<<<<

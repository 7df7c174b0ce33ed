-- ===== src/Crypt/Sort/Shuffle.antt =====
-- The sort only exchanges places inside its range: what follows for the two arrays.
use linux_0_01raf.Prelude.{
  ℕ, ◌≤◌, ◌<◌, ◌≡◌, refl, ◌⊎◌, inl, inr, List, arith, ◌==◌, if◌then◌else◌, Bool-cases, length,
  get_or, set, length-set, get_or-set_self, get_or-set_ne,
}
use linux_0_01raf.Prelude.Count.{count, count-set}
use linux_0_01raf.Crypt.Sort.{Arrays, key_at, index_at, swap, exchange}

-- `t` comes from `s` by exchanges of places from `lo` up to `hi`
pub data Shuffle (lo hi : ℕ) : Arrays → Arrays → Type 0 where
  same : {s : Arrays} → Shuffle lo hi s s
  next :
      {s t : Arrays} (i j : ℕ)
      → lo ≤ i
      → i < hi
      → lo ≤ j
      → j < hi
      → Shuffle lo hi (exchange i j s) t
      → Shuffle lo hi s t

pub trans : {lo hi : ℕ} {s t u : Arrays} → Shuffle lo hi s t → Shuffle lo hi t u → Shuffle lo hi s u
trans same q = q
trans (next i j a b c d p) q = next i j a b c d (trans p q)

pub widen :
    {lo hi lo' hi' : ℕ} {s t : Arrays}
    → lo' ≤ lo
    → hi ≤ hi'
    → Shuffle lo hi s t
    → Shuffle lo' hi' s t
widen l h same = same
widen l h (next i j a b c d p) =
    next i j (omega arith) (omega arith) (omega arith) (omega arith) (widen l h p)

pub length-swap : (xs : List ℕ) (i j : ℕ) → length (swap xs i j) ≡ length xs
unfolding swap
length-swap xs i j = omega (
  arith,
  length-set xs i (get_or xs j 0),
  length-set (set xs i (get_or xs j 0)) j (get_or xs i 0),
)

-- the elements after an exchange
pub get_or-swap :
    (xs : List ℕ) (i j k : ℕ)
    → i < length xs
    → j < length xs
    → get_or (swap xs i j) k 0
      ≡ (if k == j then get_or xs i 0 else if k == i then get_or xs j 0 else get_or xs k 0)
unfolding swap
get_or-swap xs i j k hi hj = ground (
  arith,
  length-set xs i (get_or xs j 0),
  get_or-set_self (set xs i (get_or xs j 0)) j (get_or xs i 0) 0,
  get_or-set_ne (set xs i (get_or xs j 0)) j k (get_or xs i 0) 0,
  get_or-set_self xs i (get_or xs j 0) 0,
  get_or-set_ne xs i k (get_or xs j 0) 0,
)

pub count-swap :
    (v : ℕ) (xs : List ℕ) (i j : ℕ)
    → i < length xs
    → j < length xs
    → count v (swap xs i j) ≡ count v xs
unfolding swap
count-swap v xs i j hi hj = ground (
  arith,
  length-set xs i (get_or xs j 0),
  count-set v xs i (get_or xs j 0),
  count-set v (set xs i (get_or xs j 0)) j (get_or xs i 0),
  get_or-set_self xs i (get_or xs j 0) 0,
  get_or-set_ne xs i j (get_or xs j 0) 0,
)

-- both arrays reach beyond the range that is sorted
pub record Fits (hi : ℕ) (s : Arrays) : Type 0 where
  pub index_fits : hi ≤ length s.index_array
  pub key_fits : hi ≤ length s.global_key_local

pub Fits-exchange : {hi : ℕ} {s : Arrays} (i j : ℕ) → Fits hi s → Fits hi (exchange i j s)
unfolding exchange
Fits-exchange {s} i j f = omega (
  arith,
  f.index_fits,
  f.key_fits,
  length-swap s.index_array i j,
  length-swap s.global_key_local i j,
)

pub Shuffle-Fits : {lo hi n : ℕ} {s t : Arrays} → Shuffle lo hi s t → Fits n s → Fits n t
Shuffle-Fits same f = f
Shuffle-Fits (next i j a b c d p) f = Shuffle-Fits p (Fits-exchange i j f)

pub Shuffle-length :
    {lo hi : ℕ} {s t : Arrays} → Shuffle lo hi s t → length t.index_array ≡ length s.index_array
unfolding exchange
Shuffle-length same = refl
Shuffle-length (next {s} i j a b c d p) =
    omega (arith, Shuffle-length p, length-swap s.index_array i j)

-- no index is lost or doubled
pub Shuffle-count :
    {lo hi : ℕ} {s t : Arrays} (v : ℕ)
    → Shuffle lo hi s t
    → Fits hi s
    → count v t.index_array ≡ count v s.index_array
unfolding exchange
Shuffle-count v same f = refl
Shuffle-count v (next {s} i j a b c d p) f =
    ground
      (arith, Shuffle-count v p (Fits-exchange i j f), count-swap v s.index_array i j, f.index_fits)

-- places outside the range keep their letters
pub Shuffle-outside :
    {lo hi : ℕ} {s t : Arrays} (k : ℕ)
    → Shuffle lo hi s t
    → Fits hi s
    → (k < lo) ⊎ (hi ≤ k)
    → key_at t k ≡ key_at s k
unfolding exchange
Shuffle-outside k same f o = refl
Shuffle-outside k (next {s} i j a b c d p) f o = ground (
  arith,
  Shuffle-outside k p (Fits-exchange i j f) o,
  get_or-swap s.global_key_local i j k,
  f.key_fits,
)

-- what holds of every letter of the range before still does after
pub Shuffle-all :
    {lo hi : ℕ} {s t : Arrays} (P : ℕ → Type 0)
    → Shuffle lo hi s t
    → Fits hi s
    → ((k : ℕ) → lo ≤ k → k < hi → P (key_at s k))
    → (k : ℕ) → lo ≤ k
    → k < hi
    → P (key_at t k)
unfolding exchange
Shuffle-all P same f h = h
Shuffle-all {lo} {hi} P (next {s} i j a b c d p) f h = Shuffle-all P p (Fits-exchange i j f) moved
  where
    moved : (k : ℕ) → lo ≤ k → k < hi → P (key_at (exchange i j s) k)
    moved k l u =
        rw
          (get_or-swap s.global_key_local i j k (omega (arith, f.key_fits))
            (omega (arith, f.key_fits)))
          (elim (Bool-cases (k == j)) [
            | inl e ↦ rw e (h i a b)
            | inr ne ↦
                rw ne (elim (Bool-cases (k == i)) [
                  | inl e ↦ rw e (h j c d)
                  | inr ne' ↦ rw ne' (h k l u)
                ])
          ])

-- each letter of the range stands beside its index in `key`
abbrev pub IsAligned : ℕ → List ℕ → Arrays → Type 0
IsAligned n key s = (k : ℕ) → k < n → key_at s k ≡ get_or key (index_at s k) 0

-- letters and indices move together
pub Shuffle-IsAligned :
    {lo hi : ℕ} {s t : Arrays} (key : List ℕ)
    → Shuffle lo hi s t
    → Fits hi s
    → IsAligned hi key s
    → IsAligned hi key t
unfolding exchange
Shuffle-IsAligned key same f h = h
Shuffle-IsAligned {hi} key (next {s} i j a b c d p) f h =
    Shuffle-IsAligned key p (Fits-exchange i j f) moved
  where
    moved : IsAligned hi key (exchange i j s)
    moved k u = ground (
      arith,
      get_or-swap s.global_key_local i j k,
      get_or-swap s.index_array i j k,
      f.index_fits,
      f.key_fits,
      h k u,
      h i b,
      h j d,
    )
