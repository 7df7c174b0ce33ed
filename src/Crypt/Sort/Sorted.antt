-- ===== src/Crypt/Sort/Sorted.antt =====
-- The partition step and the whole sort: what they exchange, and that the letters come out ordered.
use linux_0_01raf.Prelude.{
  ℕ, zero, suc, ◌+◌, ◌-◌, ◌≤◌, ◌<◌, ◌≡◌, ◌∙◌, inl, inr, true, false, arith, ltb, ◌==◌,
  if◌then◌else◌, Bool-cases,
}
use linux_0_01raf.Crypt.Sort.{
  Arrays, key_at, char_le, exchange, partition_loop, partition, sort_index_and_global,
}
use linux_0_01raf.Crypt.Sort.Shuffle.{
  Shuffle, same, next, trans, widen, Fits, Fits-exchange, get_or-swap, Shuffle-Fits,
  Shuffle-outside, Shuffle-all,
}

-- the letters of `s` from `lo` up to `i` are at most the pivot, those from `i` up to `j` are above it
pub record Split (pivot lo i j : ℕ) (s : Arrays) : Type 0 where
  pub below : (k : ℕ) → lo ≤ k → k < i → char_le (key_at s k) pivot ≡ true
  pub above : (k : ℕ) → i ≤ k → k < j → char_le (key_at s k) pivot ≡ false

key_at-exchange :
    {hi : ℕ} {s : Arrays} (i j k : ℕ)
    → Fits hi s
    → i < hi
    → j < hi
    → key_at (exchange i j s) k
      ≡ (if k == j then key_at s i else if k == i then key_at s j else key_at s k)
unfolding exchange
key_at-exchange {s} i j k f a b =
    get_or-swap s.global_key_local i j k (omega (arith, f.key_fits)) (omega (arith, f.key_fits))

Split-keep :
    {pivot lo i j hi : ℕ} {s : Arrays}
    → Fits hi s
    → lo ≤ i
    → i ≤ j
    → j < hi
    → char_le (key_at s j) pivot ≡ true
    → Split pivot lo i j s
    → Split pivot lo (i + 1) (j + 1) (exchange i j s)
Split-keep {i} {j} f a b c e p = record {
  below = λ k l u. rw (key_at-exchange i j k f (omega arith) c) (ground (arith, p.below k));
  above =
      λ k l u. rw (key_at-exchange i j k f (omega arith) c) (ground (arith, p.above k, p.above i));
}

Split-skip :
    {pivot lo i j : ℕ} {s : Arrays}
    → char_le (key_at s j) pivot ≡ false
    → Split pivot lo i j s
    → Split pivot lo i (j + 1) s
Split-skip {j} {s} e p = record {
  below = p.below;
  above = λ k l u. elim (Bool-cases (k == j)) [
    | inl q ↦ ground (arith, p.above k)
    | inr q ↦ p.above k l (ground arith)
  ];
}

-- what the loop has done when it stops
record Looped (pivot lo hi j : ℕ) (s : Arrays) (out : ℕ × Arrays) : Type 0 where
  moves : Shuffle lo hi s out.1
  low_end : lo ≤ out.0
  high_end : out.0 ≤ j
  split : Split pivot lo out.0 j out.1

partition_loop-Looped :
    (rounds pivot j i lo hi j' : ℕ) (s : Arrays)
    → j + rounds ≡ j'
    → j' ≤ hi
    → lo ≤ i
    → i ≤ j
    → Fits hi s
    → Split pivot lo i j s
    → Looped pivot lo hi j' s (partition_loop rounds pivot j i s)
unfolding partition_loop
partition_loop-Looped zero pivot j i lo hi j' s e h a b f p =
    let e' : j ≡ j' = omega arith in
    record { moves = same; low_end = a; high_end = omega arith; split = rw (← e') p }
partition_loop-Looped (suc rounds) pivot j i lo hi j' s e h a b f p =
    elim (Bool-cases (char_le (key_at s j) pivot)) [
      | inl keep ↦
          let rest =
            partition_loop-Looped rounds pivot (j + 1) (i + 1) lo hi j' (exchange i j s)
              (omega arith) h (omega arith) (omega arith) (Fits-exchange i j f)
              (Split-keep f a b (omega arith) keep p) in
          rw keep (record {
            moves = next i j a (omega arith) (omega arith) (omega arith) rest.moves;
            low_end = rest.low_end;
            high_end = rest.high_end;
            split = rest.split;
          })
      | inr skip ↦ rw skip (
          partition_loop-Looped rounds pivot (j + 1) i lo hi j' s (omega arith) h a (omega arith) f
            (Split-skip skip p))
    ]

-- what `partition` returns: the pivot's place, and the arrays divided by it
pub record Parted (lo high : ℕ) (s : Arrays) (out : ℕ × Arrays) : Type 0 where
  pub moves : Shuffle lo (suc high) s out.1
  pub low_end : lo ≤ out.0
  pub high_end : out.0 ≤ high
  pub below : (k : ℕ) → lo ≤ k → k < out.0 → char_le (key_at out.1 k) (key_at out.1 out.0) ≡ true
  pub above :
      (k : ℕ) → out.0 < k → k < suc high → char_le (key_at out.1 k) (key_at out.1 out.0) ≡ false

pub partition-Parted :
    (s : Arrays) (low high : ℕ)
    → low ≤ high
    → Fits (suc high) s
    → Parted low high s (partition s low high)
unfolding partition
partition-Parted s low high le f = finish (partition_loop (high - low) pivot low low s) loop
  where
    pivot : ℕ
    pivot = key_at s high

    narrow : Fits high s
    narrow = omega (arith, f.index_fits, f.key_fits)

    loop : Looped pivot low high high s (partition_loop (high - low) pivot low low s)
    loop =
        partition_loop-Looped (high - low) pivot low low low high high s (omega arith) (omega arith)
          (omega arith) (omega arith) narrow
          (record { below = λ k l u. absurd (omega arith); above = λ k l u. absurd (omega arith) })

    finish :
        (out : ℕ × Arrays)
        → Looped pivot low high high s out
        → Parted low high s (out.0, exchange out.0 high out.1)
    finish out d =
        let g = Shuffle-Fits d.moves f in
        let kept : key_at out.1 high ≡ pivot =
          Shuffle-outside high d.moves narrow (inr (omega arith)) in
        let at =
          λ (k : ℕ). key_at-exchange out.0 high k g (omega (arith, d.high_end)) (omega arith) in
        record {
          moves =
              trans (widen (omega arith) (omega arith) d.moves)
                (next out.0 high d.low_end (omega (arith, d.high_end)) le (omega arith) same);
          low_end = d.low_end;
          high_end = d.high_end;
          below = λ k l u. rw (at k, at out.0) (ground (arith, kept, d.split.below k, d.high_end));
          above = λ k l u.
              rw (at k, at out.0)
                (ground (arith, kept, d.split.above k, d.split.above out.0, d.high_end));
        }

-- the letters from `lo` up to `hi` stand in order
abbrev pub IsOrdered : ℕ → ℕ → Arrays → Type 0
IsOrdered lo hi s = (a b : ℕ) → lo ≤ a → a ≤ b → b < hi → char_le (key_at s a) (key_at s b) ≡ true

pub record Sorts (lo hi : ℕ) (s t : Arrays) : Type 0 where
  pub moves : Shuffle lo hi s t
  pub ordered : IsOrdered lo hi t

-- a divided range whose two parts are sorted is sorted
Sorts-parts :
    {lo hi part : ℕ} {s t u v : Arrays}
    → Fits hi s
    → Shuffle lo hi s t
    → lo ≤ part
    → part < hi
    → ((k : ℕ) → lo ≤ k → k < part → char_le (key_at t k) (key_at t part) ≡ true)
    → ((k : ℕ) → part < k → k < hi → char_le (key_at t k) (key_at t part) ≡ false)
    → Sorts lo part t u
    → Sorts (part + 1) hi u v
    → Sorts lo hi s v
Sorts-parts {lo} {hi} {part} {t} {u} {v} fs m l h below above p q = record {
  moves = trans m (
      trans (widen (omega arith) (omega arith) p.moves)
        (widen (omega arith) (omega arith) q.moves));
  ordered = order;
}
  where
    ft : Fits hi t
    ft = Shuffle-Fits m fs

    fp : Fits part t
    fp = omega (arith, ft.index_fits, ft.key_fits)

    fu : Fits hi u
    fu = Shuffle-Fits p.moves ft

    mid : key_at v part ≡ key_at t part
    mid =
        Shuffle-outside part q.moves fu (inl (omega arith))
        ∙ Shuffle-outside part p.moves fp (inr (omega arith))

    left : (k : ℕ) → k < part → key_at v k ≡ key_at u k
    left k x = Shuffle-outside k q.moves fu (inl (omega arith))

    low_side : (k : ℕ) → lo ≤ k → k < part → char_le (key_at v k) (key_at t part) ≡ true
    low_side k x y =
        rw (left k y) (Shuffle-all (λ c. char_le c (key_at t part) ≡ true) p.moves fp below k x y)

    right : (k : ℕ) → part < k → k < hi → char_le (key_at u k) (key_at t part) ≡ false
    right k x y = rw (Shuffle-outside k p.moves fp (inr (omega arith))) (above k x y)

    high_side : (k : ℕ) → part < k → k < hi → char_le (key_at v k) (key_at t part) ≡ false
    high_side k x y =
        Shuffle-all (λ c. char_le c (key_at t part) ≡ false) q.moves fu
          (λ j a b. right j (omega arith) b) k (omega arith) y

    order : IsOrdered lo hi v
    order a b x y z =
        ground (arith, mid, left a, left b, p.ordered a b, q.ordered a b, low_side a, high_side b)

pub sort-Sorts :
    (fuel lo hi : ℕ) (s : Arrays)
    → hi ≤ lo + fuel
    → Fits hi s
    → Sorts lo hi s (sort_index_and_global fuel s lo hi)
unfolding sort_index_and_global
sort-Sorts zero lo hi s e f = record { moves = same; ordered = λ a b x y z. absurd (omega arith) }
sort-Sorts (suc fuel) lo hi s e f = elim (Bool-cases (ltb (lo + 1) hi)) [
  | inr short ↦
      rw (short, sort_index_and_global)
        (record {
          moves = same;
          ordered = λ a b x y z. let q : a ≡ b = ground arith in rw q (ground arith);
        })
  | inl more ↦
      let l : lo + 1 < hi = ground arith in
      let n : suc (hi - 1) ≡ hi = omega arith in
      let g : Fits (suc (hi - 1)) s = rw n f in
      let p = partition-Parted s lo (hi - 1) (omega arith) g in
      let out = partition s lo (hi - 1) in
      let moves : Shuffle lo hi s out.1 = widen (omega arith) (omega arith) p.moves in
      let g' : Fits hi out.1 = Shuffle-Fits p.moves f in
      let q =
        sort-Sorts fuel lo out.0 out.1 (omega (arith, p.high_end))
          (omega (arith, g'.index_fits, g'.key_fits, p.high_end)) in
      rw (more, sort_index_and_global)
        (Sorts-parts f moves p.low_end (omega (arith, p.high_end)) p.below
          (λ k a b. p.above k a (omega arith)) q
          (sort-Sorts fuel (out.0 + 1) hi (sort_index_and_global fuel out.1 lo out.0)
            (omega (arith, p.low_end)) (Shuffle-Fits q.moves g')))
]
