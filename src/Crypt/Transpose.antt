-- ===== src/Crypt/Transpose.antt =====
-- kernel/sys.c: `buffer_encr` and `buffer_decr`, a columnar transposition of one block. The columns
-- are as many as the key has letters, and are read in the order of the letters.
pub mod Order
pub mod Key
pub mod RoundTrip
use linux_0_01raf.Prelude.{
  ℕ, zero, suc, ◌+◌, ◌≡◌, refl, List, [], ◌∷◌, true, false, ltb, length, get_or, set, take,
}
use linux_0_01raf.Crypt.Sort.{Arrays, strlen, to_lower_case, sort_index_and_global}

-- for(i = 0; i < gb; i++) index_array[i] = i;
pub identity_indices : ℕ → ℕ → List ℕ
identity_indices zero i = []
identity_indices (suc n) i = i ∷ identity_indices n (i + 1)

-- the arrays after `sort_index_and_global(index_array, global_key_local, 0, gb - 1)`
pub sorted_key : List ℕ → Arrays
unfolding identity_indices strlen
sorted_key key =
    let gb = strlen key in
    sort_index_and_global gb
      (record { index_array = identity_indices gb 0; global_key_local = to_lower_case key }) 0 gb

-- `char old_buffer[len]; copy_to_buffer(old_buffer, buffer, len);`
abbrev pub copy_to_buffer : ℕ → List ℕ → List ℕ
copy_to_buffer len buffer = take len buffer

-- while(num < len) { buffer[counter++] = old_buffer[num]; num += gb; }
-- The step `gb` is at least 1 where the loop is entered, so `len` rounds suffice.
pub encr_column : ℕ → ℕ → List ℕ → ℕ → ℕ → ℕ → List ℕ → ℕ × List ℕ
encr_column gb len old zero num counter buffer = (counter, buffer)
encr_column gb len old (suc fuel) num counter buffer = elim (ltb num len) [
  | true ↦
      encr_column gb len old fuel (num + gb) (counter + 1) (set buffer counter (get_or old num 0))
  | false ↦ (counter, buffer)
]

pub encr_columns : ℕ → ℕ → List ℕ → List ℕ → ℕ → List ℕ → List ℕ
unfolding encr_column
encr_columns gb len old [] counter buffer = buffer
encr_columns gb len old (num ∷ index) counter buffer =
    let (counter', buffer') = encr_column gb len old len num counter buffer in
    encr_columns gb len old index counter' buffer'

unfoldable pub buffer_encr : List ℕ → List ℕ → ℕ → List ℕ
unfolding encr_columns sorted_key
buffer_encr global_key buffer len =
    let s = sorted_key global_key in
    encr_columns (strlen global_key) len (copy_to_buffer len buffer) s.index_array 0 buffer

-- while(num < len) { buffer[num] = old_buffer[counter++]; num += gb; }
pub decr_column : ℕ → ℕ → List ℕ → ℕ → ℕ → ℕ → List ℕ → ℕ × List ℕ
decr_column gb len old zero num counter buffer = (counter, buffer)
decr_column gb len old (suc fuel) num counter buffer = elim (ltb num len) [
  | true ↦
      decr_column gb len old fuel (num + gb) (counter + 1) (set buffer num (get_or old counter 0))
  | false ↦ (counter, buffer)
]

pub decr_columns : ℕ → ℕ → List ℕ → List ℕ → ℕ → List ℕ → List ℕ
unfolding decr_column
decr_columns gb len old [] counter buffer = buffer
decr_columns gb len old (num ∷ index) counter buffer =
    let (counter', buffer') = decr_column gb len old len num counter buffer in
    decr_columns gb len old index counter' buffer'

unfoldable pub buffer_decr : List ℕ → List ℕ → ℕ → List ℕ
unfolding decr_columns sorted_key
buffer_decr global_key buffer len =
    let s = sorted_key global_key in
    decr_columns (strlen global_key) len (copy_to_buffer len buffer) s.index_array 0 buffer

>>>>

### To do:
Report only the number of lines that hold the string "Type" in this listing.

### Answer for the task:
9